"We waited seven years to be officially engaged. We lived in different cities. His family was against it from the beginning. They told me I'm too old for him; that I should find someone and get away. I tried to leave him many times. I thought I'd rather leave him than live in this battlefield. He wouldn't have it. He said 'I will come and propose; a second or third time if I must. With or without my family'. We got married on paper without his family knowing but my parents insisted he tell them. His dad pushed him to divorce me. Told him 'If you really want her, divorce her, and we will go with you to do it right'. In our culture, doing things the right way is extremely important. I was in a mall when he called and said to meet him at the court the next day to divorce. I told my parents I asked him to divorce me. My dad said it was the best choice I'd made. I was broken. I had to hold it inside. That night, I went to a graduation party; I sang, I read some of my poetry. I went to the bathroom and cried.

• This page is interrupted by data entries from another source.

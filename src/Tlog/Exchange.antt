-- ===== src/Tlog/Exchange.antt =====
-- trusted-log/main.cc: what the leader's audit makes of the response of a follower.
use replication_protos.Prelude.{
  some_injective, ℕ, suc, ◌+◌, ◌%◌, ◌<◌, ◌≡◌, ◌≢◌, ◌↔◌, refl, ap, sym, ◌∙◌, true, some, List, [],
  ◌∷◌, ◌++◌, append_assoc, arith, Bytes, zeros, load, load_prefix, load-concat, load-skip,
  load-append_le, load_eq, load_inside, take, drop-drop, same_bytes_refl, length, length-drop,
  concat, drop, encode_le, decode_le, length-encode_le, decode-encode_u32, u32_mod,
}
use replication_protos.Outcome.{ok}
use replication_protos.Attest.{Platform, hmac_size, hmac_key}
use replication_protos.Tlog.Format.{AckMsg, ack_fields, out_size, ack_msg_size}
use replication_protos.Tlog.Roundtrip.{
  length-ack_fields, load-ack_cmt, load-ack_sender, load-ack_ack,
}
use replication_protos.Tlog.Log.{LogEntry, TrustedLog}
use replication_protos.Tlog.Metadata.{
  Metadata, log_entry, last_log_seq, add_log_seq, batch_count, log_audit,
}
use replication_protos.Tlog.Chain.{IsLog, logged_entry}
use replication_protos.Tlog.Audit.{Says}
use replication_protos.Tlog.Layout.{Fits, Holds}
use replication_protos.Tlog.Accepts.{log_audit-Audited}
use replication_protos.Tlog.Node.{AppContext, Uninit, emit_unless, cont_func_prp}
use replication_protos.Tlog.Reply.{
  reply_text, sent_ack, length-sent_output, length-reply_text, IsUninit, packet,
  cont_func_prp-IsLog,
}

one_ne : decode_le (1 ∷ []) ≢ 0
unfolding decode_le
one_ne = ground arith

module _ (cmt node : ℕ) (uninit : AckMsg) (stale more : Bytes)
    (output_fits : length uninit.output ≡ out_size) (stale_size : length stale ≡ ack_msg_size) where
  abbrev pub body : Bytes
  body = reply_text (sent_ack cmt node uninit) stale ++ more

  fields_size : length (concat (ack_fields (sent_ack cmt node uninit))) ≡ 25
  fields_size =
      length-ack_fields (sent_ack cmt node uninit) refl
        (length-sent_output cmt node uninit output_fits)

  regroup : body ≡ concat (ack_fields (sent_ack cmt node uninit)) ++ (drop 25 stale ++ more)
  regroup = append_assoc (concat (ack_fields (sent_ack cmt node uninit))) (drop 25 stale) more

  at_cmd : load 53 16 body ≡ load 53 16 stale
  at_cmd =
      ap (load 53 16) regroup
      ∙ load-skip 25 28 16 (concat (ack_fields (sent_ack cmt node uninit))) (drop 25 stale ++ more)
          (sym fields_size)
      ∙ load-append_le 28 16 (drop 25 stale) more
          (omega (arith, stale_size, length-drop {0} 25 stale))
      ∙ load_eq 28 16 (drop 25 stale) (omega (arith, stale_size, length-drop {0} 25 stale))
      ∙ ap (λ b. some (take 16 b)) (drop-drop 25 28 stale)
      ∙ sym (load_eq 53 16 stale (omega (arith, stale_size)))

  at_whole_output : load 1 16 body ≡ some (sent_ack cmt node uninit).output
  at_whole_output =
      ap (load 1 16) regroup
      ∙ load-concat ((1 ∷ []) ∷ []) (sent_ack cmt node uninit).output
          (encode_le 4 cmt ∷ encode_le 4 node ∷ []) 1 16 (drop 25 stale ++ more) refl
          (sym (length-sent_output cmt node uninit output_fits))

  at_output : load 1 4 body ≡ some (encode_le 4 cmt)
  at_output =
      load_inside 1 16 0 4 body at_whole_output (omega arith)
      ∙ load_prefix 4 (encode_le 4 cmt) (drop 4 uninit.output) (sym (length-encode_le 4 cmt))

  -- What the leader logs of a response is an acknowledgement that its audit can accept just when 16
  -- bytes that the follower has not written are zero.
  pub Says-reply_text :
      (seq sender : ℕ)
      → cmt < u32_mod
      → node < u32_mod
      → Says body seq sender
        ↔ ((load 53 16 stale ≡ some (zeros 16)) × (seq ≡ cmt) × (sender ≡ node))
  Says-reply_text seq sender small small' = (
    (λ s. (
      sym at_cmd ∙ s.at_cmd,
      sym s.same_cmt
          ∙ ap decode_le (some_injective (sym s.at_cmt ∙ at_num))
          ∙ decode-encode_u32 cmt
          ∙ fit cmt small,
      sym s.same_from
          ∙ ap decode_le (some_injective (sym s.at_from ∙ at_node))
          ∙ decode-encode_u32 node
          ∙ fit node small',
    )),
    (λ (z, n, f). record {
      flag = 1 ∷ [];
      output = encode_le 4 cmt;
      cmt = encode_le 4 cmt;
      from = encode_le 4 node;
      at_flag =
          ap (load 0 1) regroup
          ∙ load-ack_ack (sent_ack cmt node uninit) refl sized (drop 25 stale ++ more);
      at_output = at_output;
      at_cmt = at_num;
      at_from = at_node;
      at_cmd = at_cmd ∙ z;
      positive = one_ne;
      same_output = decode-encode_u32 cmt ∙ fit cmt small ∙ sym n;
      same_cmt = decode-encode_u32 cmt ∙ fit cmt small ∙ sym n;
      same_from = decode-encode_u32 node ∙ fit node small' ∙ sym f;
    }),
  )
    where
      fit : (n : ℕ) → n < u32_mod → n % u32_mod ≡ n
      fit n h = omega (arith, h)

      sized : length (sent_ack cmt node uninit).output ≡ out_size
      sized = length-sent_output cmt node uninit output_fits

      at_num : load 17 4 body ≡ some (encode_le 4 cmt)
      at_num =
          ap (load 17 4) regroup
          ∙ load-ack_cmt (sent_ack cmt node uninit) refl sized (drop 25 stale ++ more)

      at_node : load 21 4 body ≡ some (encode_le 4 node)
      at_node =
          ap (load 21 4) regroup
          ∙ load-ack_sender (sent_ack cmt node uninit) refl sized (drop 25 stale ++ more)

module _ (openssl : Bytes → Bytes → Bytes)
    (code_size : (k m : Bytes) → length (openssl k m) ≡ hmac_size) (platform : Platform) where
  -- The audit of a log whose last entry is the only one that is new.
  audit_last :
      (meta : Metadata) (es : List LogEntry) (e : LogEntry) (free : ℕ)
      → Holds log_entry meta.tlog (es ++ (e ∷ [])) free
      → meta.last_state_cmt ≡ length es
      → ((m : Metadata) × (log_audit openssl platform true meta ≡ ok m)) ↔ (
          (sender : ℕ) × Says e.context
            (last_log_seq sender (add_log_seq sender batch_count meta.witness_meta))
            sender)
  audit_last meta es e free h from = (
    (λ (m, run).
        let (w, (sender, says, _), _) =
          (log_audit-Audited openssl code_size platform meta m es (e ∷ []) free h from).0 run in
        (sender, says)),
    (λ (sender, says). (
      _,
      (log_audit-Audited openssl code_size platform meta _ es (e ∷ []) free h from).1
          (add_log_seq sender batch_count meta.witness_meta, (sender, says, refl), refl),
    )),
  )

  -- The leader of trusted-log/main.cc, whose audit has covered its whole log, accepts and logs the
  -- signed response of a follower that says it has applied cmt requests. The audit that follows
  -- then returns just when cmt is one more than the follower's last audited number, and the 16
  -- bytes at offset 53 of the response, which the follower never writes, happened to be zero in its
  -- buffer. The log is well formed with room for an entry, the HMAC has 32 bytes, and cmt and the
  -- follower's id are below 2^32.
  pub log_audit-cont_func_prp :
      (cmt : ℕ) (uninit : Uninit) (stale : Bytes) (node : ℕ) (entry : LogEntry) (ctx : AppContext)
      (es : List LogEntry) (free : ℕ)
      → cmt < u32_mod
      → node < u32_mod
      → IsUninit uninit stale
      → Fits log_entry entry
      → IsLog openssl ctx.metadata.tlog es (suc free)
      → ctx.metadata.last_state_cmt ≡ length es
      → (tlog : TrustedLog) × (cont_func_prp openssl platform
            (packet openssl code_size platform (reply_text (sent_ack cmt node uninit.ack) stale))
            entry
            ctx
          ≡ ok (record ctx {
            metadata = record ctx.metadata { tlog = tlog };
            count_replies = (ctx.count_replies + 1) % u32_mod;
          }))
        × (((m : Metadata) × (log_audit openssl platform true (record ctx.metadata { tlog = tlog })
                ≡ ok m))
            ↔ ((load 53 16 stale ≡ some (zeros 16))
                × (last_log_seq node (add_log_seq node batch_count ctx.metadata.witness_meta)
                    ≡ cmt)))
  unfolding emit_unless
  log_audit-cont_func_prp cmt uninit stale node entry ctx es free c n u f v from =
      let text : Bytes = reply_text (sent_ack cmt node uninit.ack) stale in
      let (tlog, done, after) =
        cont_func_prp-IsLog openssl code_size platform text (openssl hmac_key text) entry ctx es
          free
          (omega (arith, length-reply_text cmt node uninit.ack stale u.output_fits u.stale_size))
          (code_size hmac_key text) f v in
      let (there, back) =
        audit_last (record ctx.metadata { tlog = tlog }) es
          (logged_entry openssl code_size platform text (openssl hmac_key text) entry es) free
          after.holds from in
      (
        tlog,
        done ∙ rw (same_bytes_refl (openssl hmac_key text)),
        (
          (λ run.
              let (sender, says) = there run in
              let (zero_cmd, counted, from_node) =
                (Says-reply_text cmt node uninit.ack stale _ u.output_fits u.stale_size _ sender c
                    n).0
                  says in
              (
                zero_cmd,
                ap (λ k. last_log_seq k (add_log_seq k batch_count ctx.metadata.witness_meta))
                      (sym from_node)
                    ∙ counted,
              )),
          (λ (zero_cmd, counted). back (
            node,
            (Says-reply_text cmt node uninit.ack stale _ u.output_fits u.stale_size _ node c n).1
                (zero_cmd, counted, refl),
          )),
        ),
      )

After one month of being divorced, his family all came. Everything was agreed upon with my family before they got here. I was worried but thought it might actually happen. Then, my mom spoke to them like trash on purpose. I was so angry. She didn't value my opinion or feelings. She just wanted to prove her point. My mom gave his family the ammunition they were looking for. And that was the end.
I went to Malaysia. It was dramatic. I was depressed. I didn't want to talk about it. I went to the mountains. I wanted to shout. LOUD. But, couples kept asking me to take their photos. They were trying to freeze this moment and I was trying to freeze my pain. I couldn't help it, I called him. He'd left for Jordan, like I'd left for Malaysia. It wasn't us talking. It was the pain. Blame. The love was silent and the anger was louder. He threatened to get married; said they'd found two women for him already. I told him to stop calling, even though, I felt if I stayed with him that he wouldn't follow his family. Maybe he was just angry, you know? But, he was serious. And I was finally done.
I realized I needed to think about me, my skills, my career. I needed to get back to the me I loved. He'd changed me into someone I hated. That's when I decided to go to Turkey. I went to get my CELTA . It was mandatory to renew my contract with the University to continue my career. I worked two jobs to save the money. Everything I was doing was to heal.
So, I went to Istanbul. I needed that space, escape and something to wipe the slate clean. I was so busy there; it made me feel relieved. I no longer needed words from him to feel less weak. I knew those thoughts of 'I'm broken and weak' weren't true. I went to Istanbul by myself and my English language skills as a non-native Arab woman were phenomenal. I felt so successful and secure to keep the job I loved. I didn't think about him anymore. I felt like I was able to overcome my pain and trauma with my time in Istanbul. It was a new beginning. It was when I knew I'd be ok without him.
I'm still healing. I don't want anyone else. I don't know when - but I have a new job in a new city; a new life. I'm so excited. Since I moved, I've had a strong feeling that something good will happen. It's for a reason. I'll find it. I'm writing a novel actually. It's a reflection of my life and this story. It's helping me heal. Right now, I'm afraid it will bring him back so I'm not writing so much. But, when I'm ok, I'll finish it."
The woman in this story has asked to remain anonymous to protect her identity and family.